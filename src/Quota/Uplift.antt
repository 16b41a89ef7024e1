-- ===== src/Quota/Uplift.antt =====
-- What an active override does to a producer's ceilings in the configuration cache of
-- src/producer_quota/tracker.rs.
use messgr.Base.{
  ℕ, ◌≤◌, ◌≡◌, refl, inl, inr, true, false, Option, none, some, List, [], ◌∷◌, arith, if◌then◌else◌,
  ◌==◌, beq_refl, beq_eq, Bool-cases, Option-cases, lookup, lookup-put, nat_eq, string_eq,
  option_eq,
}
use messgr.Zone.{Zone}
use messgr.Quota.Tracker.{
  Key, EffectiveQuota, Counters, admit, defer, reached, hard, check_quota, next_day_window_start,
  key_eq,
}
use messgr.Quota.Config.{
  ProducerQuotaOverride, override_key, uplift, apply_override, apply_overrides,
}

abbrev pub DayRaised : Option ℕ → Option ℕ → Type 0
DayRaised none after = Unit {0}
DayRaised (some base) none = ⊥
DayRaised (some base) (some after) = base ≤ after

-- What may change under a key: an existing day ceiling rises, and nothing else moves.
abbrev pub Raised : Option EffectiveQuota → Option EffectiveQuota → Type 0
Raised none none = Unit {0}
Raised none (some r) = ⊥
Raised (some q) none = ⊥
Raised (some q) (some r) =
    (r.enforcement ≡ q.enforcement) × (r.per_minute ≡ q.per_minute) × DayRaised q.per_day r.per_day

Raised-refl : (o : Option EffectiveQuota) → Raised o o
Raised-refl none = tt
Raised-refl (some q) = (refl, refl, ground arith)

Raised-trans : (a b c : Option EffectiveQuota) → Raised a b → Raised b c → Raised a c
Raised-trans none none none h k = tt
Raised-trans none none (some r) h k = elim k [ ]
Raised-trans none (some q) c h k = elim h [ ]
Raised-trans (some p) none c h k = elim h [ ]
Raised-trans (some p) (some q) none h k = elim k [ ]
Raised-trans (some p) (some q) (some r) h k = ground arith

abbrev uplifted : EffectiveQuota → ProducerQuotaOverride → EffectiveQuota
uplifted q o = record q { per_day = uplift q.per_day o.per_day }

uplifted-Raised :
    (q : EffectiveQuota) (o : ProducerQuotaOverride) → Raised (some q) (some (uplifted q o))
uplifted-Raised q o = (refl, refl, ground arith)

lookup-apply_override :
    (key : Key) (merged : List (Key × EffectiveQuota)) (o : ProducerQuotaOverride)
    (q : EffectiveQuota)
    → lookup (override_key o) merged ≡ some q
    → lookup key (apply_override merged o)
      ≡ (if override_key o == key then some (uplifted q o) else lookup key merged)
unfolding apply_override
lookup-apply_override key merged o q e =
    rw (e, apply_override) (lookup-put (override_key o) key _ merged)

module _ (key : Key) where
  apply_override-Raised :
      (merged : List (Key × EffectiveQuota)) (o : ProducerQuotaOverride)
      → Raised (lookup key merged) (lookup key (apply_override merged o))
  apply_override-Raised merged o = elim (Option-cases (lookup (override_key o) merged)) [
    | inl e ↦ unfold apply_override in rw (e, apply_override) (Raised-refl (lookup key merged))
    | inr (q, e) ↦ elim (Bool-cases (override_key o == key)) [
      | inl same ↦
          let here : lookup key merged ≡ some q = rw (← beq_eq (override_key o) key same) e in
          rw (lookup-apply_override key merged o q e, same, here) (uplifted-Raised q o)
      | inr other ↦
          rw (lookup-apply_override key merged o q e, other) (Raised-refl (lookup key merged))
    ]
  ]

  -- Whatever overrides are active, no key gains or loses a quota, no minute ceiling or
  -- enforcement changes, and a day ceiling that exists is never lowered.
  pub apply_overrides-Raised :
      (merged : List (Key × EffectiveQuota)) (overrides : List ProducerQuotaOverride)
      → Raised (lookup key merged) (lookup key (apply_overrides merged overrides))
  unfolding apply_overrides
  apply_overrides-Raised merged [] = Raised-refl (lookup key merged)
  apply_overrides-Raised merged (o ∷ rest) =
      Raised-trans (lookup key merged) (lookup key (apply_override merged o)) _
        (apply_override-Raised merged o) (apply_overrides-Raised (apply_override merged o) rest)

-- A key whose quota is hard and has no day ceiling at all is admitted at any daily volume while
-- its minute ceiling is not reached; an override for it introduces a ceiling, so from
-- `o.per_day` messages on the same entry is deferred to the next day.
pub override_limits_unlimited :
    (tz : Zone) (q : EffectiveQuota) (entry : Counters) (now : ℕ) (o : ProducerQuotaOverride)
    (merged : List (Key × EffectiveQuota))
    → lookup (override_key o) merged ≡ some q
    → q.enforcement ≡ hard
    → q.per_day ≡ none
    → reached q.per_minute entry.minute.sent ≡ false
    → o.per_day ≤ entry.day.sent
    → ((check_quota tz q entry now).1 ≡ admit)
      × ((r : EffectiveQuota) × (lookup (override_key o) (apply_override merged o) ≡ some r)
          × ((check_quota tz r entry now).1 ≡ defer (next_day_window_start tz now)))
unfolding check_quota
override_limits_unlimited tz q entry now o merged found enforced unlimited calm over =
    let is_hard : (q.enforcement == hard) ≡ true = rw enforced refl in
    (
      ground arith,
      (
        uplifted q o,
        rw (lookup-apply_override (override_key o) merged o q found, beq_refl (override_key o))
            (ground arith),
        ground (arith, is_hard),
      ),
    )
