-- ===== src/Receipts.antt =====
-- src/orphan_reconcile and src/webhook_receipt: delivery receipts of the provider, from the staging
-- table to the event log, the ledger's final status and the suppression list.
pub mod Status
pub mod Repo
pub mod Reconcile
pub mod Advance
pub mod Suppress
pub mod Promote
pub mod Effects
pub mod Ageing
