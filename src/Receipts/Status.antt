-- ===== src/Receipts/Status.antt =====
-- The event types of src/orphan_reconcile/reconcile.rs, and which of them moves a final status.
use messgr.Base.{
  ℕ, suc, String, Bool, true, false, ◌||◌, Option, none, some, List, [], ◌∷◌, ltb, if◌then◌else◌,
  ◌==◌, contains, nat_eq, string_eq, option_eq, list_eq,
}

abbrev pub status_order : List String
status_order = "queued" ∷ "sent" ∷ "delivered" ∷ "read" ∷ []

abbrev pub absorbing_statuses : List String
absorbing_statuses =
    "failed" ∷ "bounced" ∷ "complaint" ∷ "expired" ∷ "cancelled" ∷ "suppressed_consent"
    ∷ "suppressed_list" ∷ "unverified_address" ∷ []

unfoldable pub is_recognized_event_type : String → Bool
is_recognized_event_type event_type =
    contains event_type status_order || contains event_type absorbing_statuses

abbrev pub next : Option ℕ → Option ℕ
next none = none
next (some n) = some (suc n)

-- `iter().position(|s| *s == x)`
abbrev pub position : String → List String → Option ℕ
position x [] = none
position x (s ∷ rest) = if s == x then some 0 else next (position x rest)

abbrev pub is_later : Option ℕ → Option ℕ → Bool
is_later (some c) (some n) = ltb c n
is_later (some c) none = false
is_later none n = false

unfoldable pub should_advance : Option String → String → Bool
should_advance none new_event_type = true
should_advance (some cur) new_event_type =
    if contains new_event_type absorbing_statuses
    then true
    else is_later (position cur status_order) (position new_event_type status_order)

-- `auto_suppress_reason` of src/orphan_reconcile/repo.rs.
unfoldable pub auto_suppress_reason : String → Option String
auto_suppress_reason event_type =
    if event_type == "bounced"
    then some "hard_bounce"
    else if event_type == "complaint"
    then some "complaint"
    else none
+ + + + + + +
Word for word, return the entire set of entries.

filename src/Quota/Uplift.antt
repository 16b41a89ef7024e1
-- ===== src/Quota/Uplift.antt =====
-- What an active override does to a producer's ceilings in the configuration cache of
-- src/producer_quota/tracker.rs.
use messgr.Base.{
  ℕ, ◌≤◌, ◌≡◌, refl, inl, inr, true, false, Option, none, some, List, [], ◌∷◌, arith, if◌then◌else◌,
  ◌==◌, beq_refl, beq_eq, Bool-cases, Option-cases, lookup, lookup-put, nat_eq, string_eq,
  option_eq,
}
use messgr.Zone.{Zone}
use messgr.Quota.Tracker.{
  Key, EffectiveQuota, Counters, admit, defer, reached, hard, check_quota, next_day_window_start,
  key_eq,
}
use messgr.Quota.Config.{
  ProducerQuotaOverride, override_key, uplift, apply_override, apply_overrides,
}

abbrev pub DayRaised : Option ℕ → Option ℕ → Type 0
DayRaised none after = Unit {0}
DayRaised (some base) none = ⊥
DayRaised (some base) (some after) = base ≤ after

-- What may change under a key: an existing day ceiling rises, and nothing else moves.
abbrev pub Raised : Option EffectiveQuota → Option EffectiveQuota → Type 0
Raised none none = Unit {0}
Raised none (some r) = ⊥
Raised (some q) none = ⊥
Raised (some q) (some r) =
    (r.enforcement ≡ q.enforcement) × (r.per_minute ≡ q.per_minute) × DayRaised q.per_day r.per_day

Raised-refl : (o : Option EffectiveQuota) → Raised o o
Raised-refl none = tt
Raised-refl (some q) = (refl, refl, ground arith)

Raised-trans : (a b c : Option EffectiveQuota) → Raised a b → Raised b c → Raised a c
Raised-trans none none none h k = tt
Raised-trans none none (some r) h k = elim k [ ]
Raised-trans none (some q) c h k = elim h [ ]
Raised-trans (some p) none c h k = elim h [ ]
Raised-trans (some p) (some q) none h k = elim k [ ]
Raised-trans (some p) (some q) (some r) h k = ground arith

abbrev uplifted : EffectiveQuota → ProducerQuotaOverride → EffectiveQuota
uplifted q o = record q { per_day = uplift q.per_day o.per_day }

uplifted-Raised :
    (q : EffectiveQuota) (o : ProducerQuotaOverride) → Raised (some q) (some (uplifted q o))
uplifted-Raised q o = (refl, refl, ground arith)

lookup-apply_override :
    (key : Key) (merged : List (Key × EffectiveQuota)) (o : ProducerQuotaOverride)
    (q : EffectiveQuota)
    → lookup (override_key o) merged ≡ some q
    → lookup key (apply_override merged o)
      ≡ (if override_key o == key then some (uplifted q o) else lookup key merged)
unfolding apply_override
lookup-apply_override key merged o q e =
    rw (e, apply_override) (lookup-put (override_key o) key _ merged)

module _ (key : Key) where
  apply_override-Raised :
      (merged : List (Key × EffectiveQuota)) (o : ProducerQuotaOverride)
      → Raised (lookup key merged) (lookup key (apply_override merged o))
  apply_override-Raised merged o = elim (Option-cases (lookup (override_key o) merged)) [
    | inl e ↦ unfold apply_override in rw (e, apply_override) (Raised-refl (lookup key merged))
    | inr (q, e) ↦ elim (Bool-cases (override_key o == key)) [
      | inl same ↦
          let here : lookup key merged ≡ some q = rw (← beq_eq (override_key o) key same) e in
          rw (lookup-apply_override key merged o q e, same, here) (uplifted-Raised q o)
      | inr other ↦
          rw (lookup-apply_override key merged o q e, other) (Raised-refl (lookup key merged))
    ]
  ]

  -- Whatever overrides are active, no key gains or loses a quota, no minute ceiling or
  -- enforcement changes, and a day ceiling that exists is never lowered.
  pub apply_overrides-Raised :
      (merged : List (Key × EffectiveQuota)) (overrides : List ProducerQuotaOverride)
      → Raised (lookup key merged) (lookup key (apply_overrides merged overrides))
  unfolding apply_overrides
  apply_overrides-Raised merged [] = Raised-refl (lookup key merged)
  apply_overrides-Raised merged (o ∷ rest) =
      Raised-trans (lookup key merged) (lookup key (apply_override merged o)) _
        (apply_override-Raised merged o) (apply_overrides-Raised (apply_override merged o) rest)

-- A key whose quota is hard and has no day ceiling at all is admitted at any daily volume while
-- its minute ceiling is not reached; an override for it introduces a ceiling, so from
-- `o.per_day` messages on the same entry is deferred to the next day.
pub override_limits_unlimited :
    (tz : Zone) (q : EffectiveQuota) (entry : Counters) (now : ℕ) (o : ProducerQuotaOverride)
    (merged : List (Key × EffectiveQuota))
    → lookup (override_key o) merged ≡ some q
    → q.enforcement ≡ hard
    → q.per_day ≡ none
    → reached q.per_minute entry.minute.sent ≡ false
    → o.per_day ≤ entry.day.sent
    → ((check_quota tz q entry now).1 ≡ admit)
      × ((r : EffectiveQuota) × (lookup (override_key o) (apply_override merged o) ≡ some r)
          × ((check_quota tz r entry now).1 ≡ defer (next_day_window_start tz now)))
unfolding check_quota
override_limits_unlimited tz q entry now o merged found enforced unlimited calm over =
    let is_hard : (q.enforcement == hard) ≡ true = rw enforced refl in
    (
      ground arith,
      (
        uplifted q o,
        rw (lookup-apply_override (override_key o) merged o q found, beq_refl (override_key o))
            (ground arith),
        ground (arith, is_hard),
      ),
    )
-- ===== src/Receipts.antt =====
-- src/orphan_reconcile and src/webhook_receipt: delivery receipts of the provider, from the staging
-- table to the event log, the ledger's final status and the suppression list.
pub mod Status
pub mod Repo
pub mod Reconcile
pub mod Advance
pub mod Suppress
pub mod Promote
pub mod Effects
pub mod Ageing
filename src/Receipts/Status.antt
-- ===== src/Receipts/Status.antt =====
-- The event types of src/orphan_reconcile/reconcile.rs, and which of them moves a final status.
use messgr.Base.{
  ℕ, suc, String, Bool, true, false, ◌||◌, Option, none, some, List, [], ◌∷◌, ltb, if◌then◌else◌,
  ◌==◌, contains, nat_eq, string_eq, option_eq, list_eq,
}

abbrev pub status_order : List String
status_order = "queued" ∷ "sent" ∷ "delivered" ∷ "read" ∷ []

abbrev pub absorbing_statuses : List String
absorbing_statuses =
    "failed" ∷ "bounced" ∷ "complaint" ∷ "expired" ∷ "cancelled" ∷ "suppressed_consent"
    ∷ "suppressed_list" ∷ "unverified_address" ∷ []

unfoldable pub is_recognized_event_type : String → Bool
is_recognized_event_type event_type =
    contains event_type status_order || contains event_type absorbing_statuses

abbrev pub next : Option ℕ → Option ℕ
next none = none
next (some n) = some (suc n)

-- `iter().position(|s| *s == x)`
abbrev pub position : String → List String → Option ℕ
position x [] = none
position x (s ∷ rest) = if s == x then some 0 else next (position x rest)

abbrev pub is_later : Option ℕ → Option ℕ → Bool
is_later (some c) (some n) = ltb c n
is_later (some c) none = false
is_later none n = false

unfoldable pub should_advance : Option String → String → Bool
should_advance none new_event_type = true
should_advance (some cur) new_event_type =
    if contains new_event_type absorbing_statuses
    then true
    else is_later (position cur status_order) (position new_event_type status_order)

-- `auto_suppress_reason` of src/orphan_reconcile/repo.rs.
unfoldable pub auto_suppress_reason : String → Option String
auto_suppress_reason event_type =
    if event_type == "bounced"
    then some "hard_bounce"
    else if event_type == "complaint"
    then some "complaint"
    else none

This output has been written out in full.